Uneventful. Smaller town residents never worried about traffic during the peak of rush hour. But Gina kind of missed the sounds of screeching tires, honking horns, throttling engines, blasting music and yells of obscenity.
So much time has passed, and Gina still hasn’t figured anything out: how to let go of the past, how to start a new life. She’s been stuck on neutral ever since leaving New York. Not going from bad to worse, but no signs of improvement either. Perhaps it was time to go home? No. Eagle Nest is her home now. Things will turn around eventually. Put those selfish desires to the side and focus on living your life.

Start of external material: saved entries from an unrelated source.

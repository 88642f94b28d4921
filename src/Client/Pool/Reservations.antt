-- ===== src/Client/Pool/Reservations.antt =====
-- What `reserveSlot` promises the payer: a slot is handed out once, and only with its record stored.
use vadum.Base.{
  ℕ, ◌≡◌, ◌≢◌, refl, sym, subst, ◌∙◌, Bool, true, Option, none, some, List, [], ◌∷◌, arith, ◌==◌,
  map, All, All-map, Bool-cases, inl, inr,
}
use vadum.Base.Int.{ℤ}
use vadum.Base.Text.{Text}
use vadum.Core.Errors.{ok}
use vadum.Client.Pool.State.{
  spent, SpentAgainst, PoolState, PoolSlot, PoolOptions, is_unspent, is_usable, replace_slot,
  with_slot,
}
use vadum.Client.Pool.Memory.{Memory, ledger}
use vadum.Client.Pool.Offline.{spent_slot, reserved, reserve_slot}
use vadum.Client.Pool.Handover.{next_slot-All, filter-All, filter_tested, reserve_slot-Handover}

-- Every slot of one index is spent against one value, for one merchant.
abbrev pub SpentAt : ℕ → SpentAgainst → List PoolSlot → Type 0
SpentAt index against =
    All (λ slot. slot.index ≡ index → (slot.state ≡ spent) × (slot.spent_against ≡ some against))

with_slot-SpentAt :
    (slot : PoolSlot) (against : SpentAgainst) (slots : List PoolSlot)
    → slot.state ≡ spent
    → slot.spent_against ≡ some against
    → SpentAt slot.index against (map (replace_slot slot) slots)
unfolding replace_slot
with_slot-SpentAt slot against [] h k = tt
with_slot-SpentAt slot against (x ∷ xs) h k = elim (Bool-cases (x.index == slot.index)) [
  | inl e ↦ rw e ((λ same. (h, k)), with_slot-SpentAt slot against xs h k)
  | inr e ↦ rw e ((λ same. absurd (ground (arith, same))), with_slot-SpentAt slot against xs h k)
]

reserved-SpentAt :
    (o : PoolOptions) (s : PoolState) (slot : PoolSlot) (value merchant : Text) (now : ℕ)
    (amount : ℤ)
    → SpentAt slot.index
        (record { value = value; merchant = merchant; at = now })
        (reserved o s slot value merchant now amount).slots
unfolding reserved with_slot spent_slot
reserved-SpentAt o s slot value merchant now amount = with_slot-SpentAt _ _ s.slots refl refl

-- Where `reserveSlot` answers with a slot, the ledger in use and the stored one are the same, and
-- every slot of that index is spent in it against the value of the answer, for the merchant and
-- the time of the call.
pub reserve_slot-SpentAt :
    (o : PoolOptions) (writable : Bool) (merchant : Text) (now : ℕ) (amount : ℤ) (m m' : Memory)
    (i : ℕ) (v : Text)
    → reserve_slot o writable merchant now amount m ≡ (ok (i, v), m')
    → (s : PoolState) × (ledger m' ≡ some s)
      × (m'.stored ≡ some s)
      × SpentAt i (record { value = v; merchant = merchant; at = now }) s.slots
reserve_slot-SpentAt o writable merchant now amount m m' i v e =
    let h = reserve_slot-Handover o writable merchant now amount m m' i v e in
    let s = reserved o h.ledger_before h.slot v merchant now amount in
    let against : SpentAgainst = record { value = v; merchant = merchant; at = now } in
    let marked = reserved-SpentAt o h.ledger_before h.slot v merchant now amount in
    (s, h.in_use, h.in_store, subst (λ n. SpentAt n against s.slots) h.index_of_slot marked)

usable_not_spent : (slot : PoolSlot) → is_usable slot ≡ true → slot.state ≢ spent
unfolding is_usable is_unspent
usable_not_spent slot h e = ground (arith, e)

SpentIn : ℕ → SpentAgainst → Option PoolState → Type 0
SpentIn index against none = Unit {0}
SpentIn index against (some s) = SpentAt index against s.slots

-- Where `reserveSlot` answers with a slot and the next `reserveSlot` answers with a slot too, the
-- two indices differ.
pub reserve_slot-once :
    (o : PoolOptions) (w1 w2 : Bool) (merchant1 merchant2 : Text) (now1 now2 : ℕ)
    (amount1 amount2 : ℤ) (m m' m'' : Memory) (i j : ℕ) (v1 v2 : Text)
    → reserve_slot o w1 merchant1 now1 amount1 m ≡ (ok (i, v1), m')
    → reserve_slot o w2 merchant2 now2 amount2 m' ≡ (ok (j, v2), m'')
    → i ≢ j
unfolding SpentIn
reserve_slot-once o w1 w2 merchant1 merchant2 now1 now2 amount1 amount2 m m' m'' i j v1 v2 e1 e2
      same =
    let (s, used, stored, spent_at) =
      reserve_slot-SpentAt o w1 merchant1 now1 amount1 m m' i v1 e1 in
    let h = reserve_slot-Handover o w2 merchant2 now2 amount2 m' m'' j v2 e2 in
    let here : some s ≡ some h.ledger_before = sym used ∙ h.was_in_use in
    let marked =
      subst (SpentIn i (record { value = v1; merchant = merchant1; at = now1 })) here spent_at in
    let usable = next_slot-All (λ x. is_usable x ≡ true) _ (filter_tested is_usable _) h.is_next in
    let was_spent =
      next_slot-All (λ x. x.index ≡ i → x.state ≡ spent) _
        (filter-All _ is_usable _ (All-map _ _ (λ x f e. (f e).0) _ marked)) h.is_next in
    usable_not_spent h.slot usable (was_spent (h.index_of_slot ∙ sym same))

After making a right turn at the light, Gina pulled over on the side of the road. Her nightmare was still fresh in her mind, but not in a frightening way. More bothered, deciphering the standout elements: the glowing badge, zombie cops, and finding love during such terror. What did they mean?
Just then, she heard her cell phone buzzed from inside her bomber jacket. Veronica’s smiling face popped up on the touch screen. “Hey girl,” Gina pleasantly answered. “Whatcha doing?”
“Just getting to the station,” Veronica said while coming out of a bagel shop, carrying a bag of food and a container of freshly squeezed orange juice. “Had to make a quick pit stop at the store first. You know how I do? I need my toasted bagel in the morning or else I’m a cranky ol’ broad all day.” Both ladies laughed. “Beautiful day today!”
“I know! Plenty of sunshine with a nice cool breeze.”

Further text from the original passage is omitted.